На месте казни "у края вырытой могилы, как вспоминает другой свидетель саенковских расправ, - люди в одном белье или совсем нагие были поставлены на колени. По очереди к казнимым подходил Саенко и его помощники и методично производили в затылок выстрел, черепа дробились на куски, кровь и мозг размётывались вокруг, а тело падало бесшумно на ещё тёплые тела убиенных. Казни длились более трёх часов..."
В сборнике "Смена вех" можно также найти упоминание о Саенко. По свидетельству тех, кто жил в те годы в Харькове, малолетний сын Саенко нередко просил отца: "Папа, дай мне пострелять буржуев". И отец охотно давал.
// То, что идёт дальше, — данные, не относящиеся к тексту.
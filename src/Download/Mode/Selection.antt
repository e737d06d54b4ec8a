-- ===== src/Download/Mode/Selection.antt =====
-- Which path of a mode file decides, and which modes a file can hold.
use athens.Prelude.{
  ◌≡◌, refl, true, false, none, List, [], ◌∷◌, ◌++◌, text_eq, Text, All, arith, ◌⊎◌, inr,
}
use athens.Paths.{matches_pattern}
use athens.Download.Mode.{
  Mode, is_known, DownloadPath, DownloadFile, validate, validate_paths, match_paths, match_mode,
}

abbrev pub Misses : Text → DownloadPath → Type 0
Misses mod_path p = matches_pattern p.pattern_text mod_path ≡ false

match_paths-first :
    (default : Mode) (before after : List DownloadPath) (p : DownloadPath) (mod_path : Text)
    → All (Misses mod_path) before
    → matches_pattern p.pattern_text mod_path ≡ true
    → match_paths default (before ++ p ∷ after) mod_path ≡ p.mode
unfolding match_paths
match_paths-first default [] after p mod_path h hit = rw hit
match_paths-first default (q ∷ before) after p mod_path (miss, h) hit =
    rw miss (match_paths-first default before after p mod_path h hit)

match_paths-default :
    (default : Mode) (ps : List DownloadPath) (mod_path : Text)
    → All (Misses mod_path) ps
    → match_paths default ps mod_path ≡ default
unfolding match_paths
match_paths-default default [] mod_path h = refl
match_paths-default default (p ∷ ps) mod_path (miss, h) =
    rw miss (match_paths-default default ps mod_path h)

-- Where no pattern matches the module, the file's own mode applies.
pub match_mode-default :
    (d : DownloadFile) (mod_path : Text)
    → All (Misses mod_path) d.paths
    → match_mode d mod_path ≡ d.mode
unfolding match_mode
match_mode-default d mod_path = match_paths-default d.mode d.paths mod_path

-- The first path whose pattern matches the module decides its mode, whatever stands behind it and
-- whatever the file's own mode is.
pub match_mode-first :
    (d : DownloadFile) (mod_path : Text) (before after : List DownloadPath) (p : DownloadPath)
    → d.paths ≡ before ++ p ∷ after
    → All (Misses mod_path) before
    → matches_pattern p.pattern_text mod_path ≡ true
    → match_mode d mod_path ≡ p.mode
unfolding match_mode
match_mode-first d mod_path before after p e h hit =
    rw e (match_paths-first d.mode before after p mod_path h hit)

match_paths-known :
    (default : Mode) (ps : List DownloadPath) (mod_path : Text)
    → validate_paths ps ≡ none
    → (is_known (match_paths default ps mod_path) ≡ true)
      ⊎ (match_paths default ps mod_path ≡ default)
unfolding match_paths validate_paths
match_paths-known default [] mod_path h = inr refl
match_paths-known default (p ∷ ps) mod_path h =
    ground (arith, match_paths-known default ps mod_path)

-- Where a mode file is accepted, a module's mode is one of the five constants or the file's own
-- mode, which `validate` does not look at.
match_mode-known :
    (d : DownloadFile) (mod_path : Text)
    → validate d ≡ none
    → (is_known (match_mode d mod_path) ≡ true) ⊎ (match_mode d mod_path ≡ d.mode)
unfolding match_mode validate
match_mode-known d mod_path h = match_paths-known d.mode d.paths mod_path h
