-- ===== src/Download/Versions/Laws.antt =====
-- The lists as sets: what stands in them, each version once.
use athens.Prelude.{
  ◌≡◌, refl, false, ◌&&◌, ◌||◌, not, List, [], ◌∷◌, ◌++◌, text_eq, Text, contains, contains-append,
  IsDistinct, arith, inl, inr, text_beq_iff, Bool-cases, ◌∙◌,
}
use athens.Download.Versions.{is_pseudo_version, remove_pseudo_versions, union_from, union}

-- What is left are the versions that are no pseudo versions.
pub contains-remove_pseudo_versions :
    (vers : List Text) (v : Text)
    → contains (remove_pseudo_versions vers) v ≡ (contains vers v && not (is_pseudo_version v))
unfolding contains remove_pseudo_versions
contains-remove_pseudo_versions [] v = refl
contains-remove_pseudo_versions (w ∷ vers) v =
    ground (arith, text_beq_iff w v, contains-remove_pseudo_versions vers v)

contains-union_from :
    (unique vs : List Text) (v : Text)
    → contains (union_from unique vs) v ≡ (contains unique v || contains vs v)
unfolding union_from
contains-union_from unique [] v = unfold contains in ground arith
contains-union_from unique (w ∷ vs) v = elim (Bool-cases (contains unique w)) [
  | inl old ↦
      rw old
        (contains-union_from unique vs v ∙ (unfold contains in ground (arith, text_beq_iff w v)))
  | inr new ↦ rw new (
      contains-union_from (unique ++ w ∷ []) vs v
      ∙ rw contains-append (unfold contains in ground (arith, text_beq_iff w v)))
]

IsDistinct-concat :
    (xs : List Text) (v : Text) → IsDistinct xs → contains xs v ≡ false → IsDistinct (xs ++ v ∷ [])
unfolding contains
IsDistinct-concat [] v h new = (refl, tt)
IsDistinct-concat (x ∷ xs) v (once, h) new = (
  contains-append xs (v ∷ []) x ∙ ground (arith, text_beq_iff x v, text_beq_iff v x),
  IsDistinct-concat xs v h (ground arith),
)

union_from-IsDistinct :
    (unique vs : List Text) → IsDistinct unique → IsDistinct (union_from unique vs)
unfolding union_from
union_from-IsDistinct unique [] h = h
union_from-IsDistinct unique (v ∷ vs) h = elim (Bool-cases (contains unique v)) [
  | inl old ↦ rw old (union_from-IsDistinct unique vs h)
  | inr new ↦
      rw new (union_from-IsDistinct (unique ++ v ∷ []) vs (IsDistinct-concat unique v h new))
]

-- The union holds exactly the versions of either list.
pub contains-union :
    (list1 list2 : List Text) (v : Text)
    → contains (union list1 list2) v ≡ (contains list1 v || contains list2 v)
unfolding union contains
contains-union list1 list2 v =
    contains-union_from [] (list1 ++ list2) v ∙ contains-append list1 list2 v

-- The union holds no version twice.
pub union-IsDistinct : (list1 list2 : List Text) → IsDistinct (union list1 list2)
unfolding union
union-IsDistinct list1 list2 = union_from-IsDistinct [] (list1 ++ list2) tt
Если расстрелы были чуть ли не стандартной процедурой в русле столь поощряемого Лениным "массового террора", то пытки, официально не узаконенные, были оставлены на личное усмотрение таких палачей."Специализацией харьковской ЧК, где действовал Саенко,- пишет автор книги "Красный террор в России" С.Мельгунов - было, например, скальпирование и снимание перчаток с кистей рук".
Такие, как Кедров и Саенко, нужны были большевистской власти. Их жестокость обеспечивала выполнение главной цели, которую поставил перед собой Ленин - выживание диктатуры его партии. Ересь или любой намёк на неё должны были выжигаться в прямом смысле этого слова "огнём и железом", что и делалось руками таких "инквизиторов" как душевнобольной Кедров или садист Саенко.
Ведь сказал же ещё в 1905 году Ленин в беседе с социал-демократом В. Войтинским: "Иной мерзавец может быть для нас именно тем и полезен, что он мерзавец".
Яков РАБИНЕР, для "Русской Америки, NY".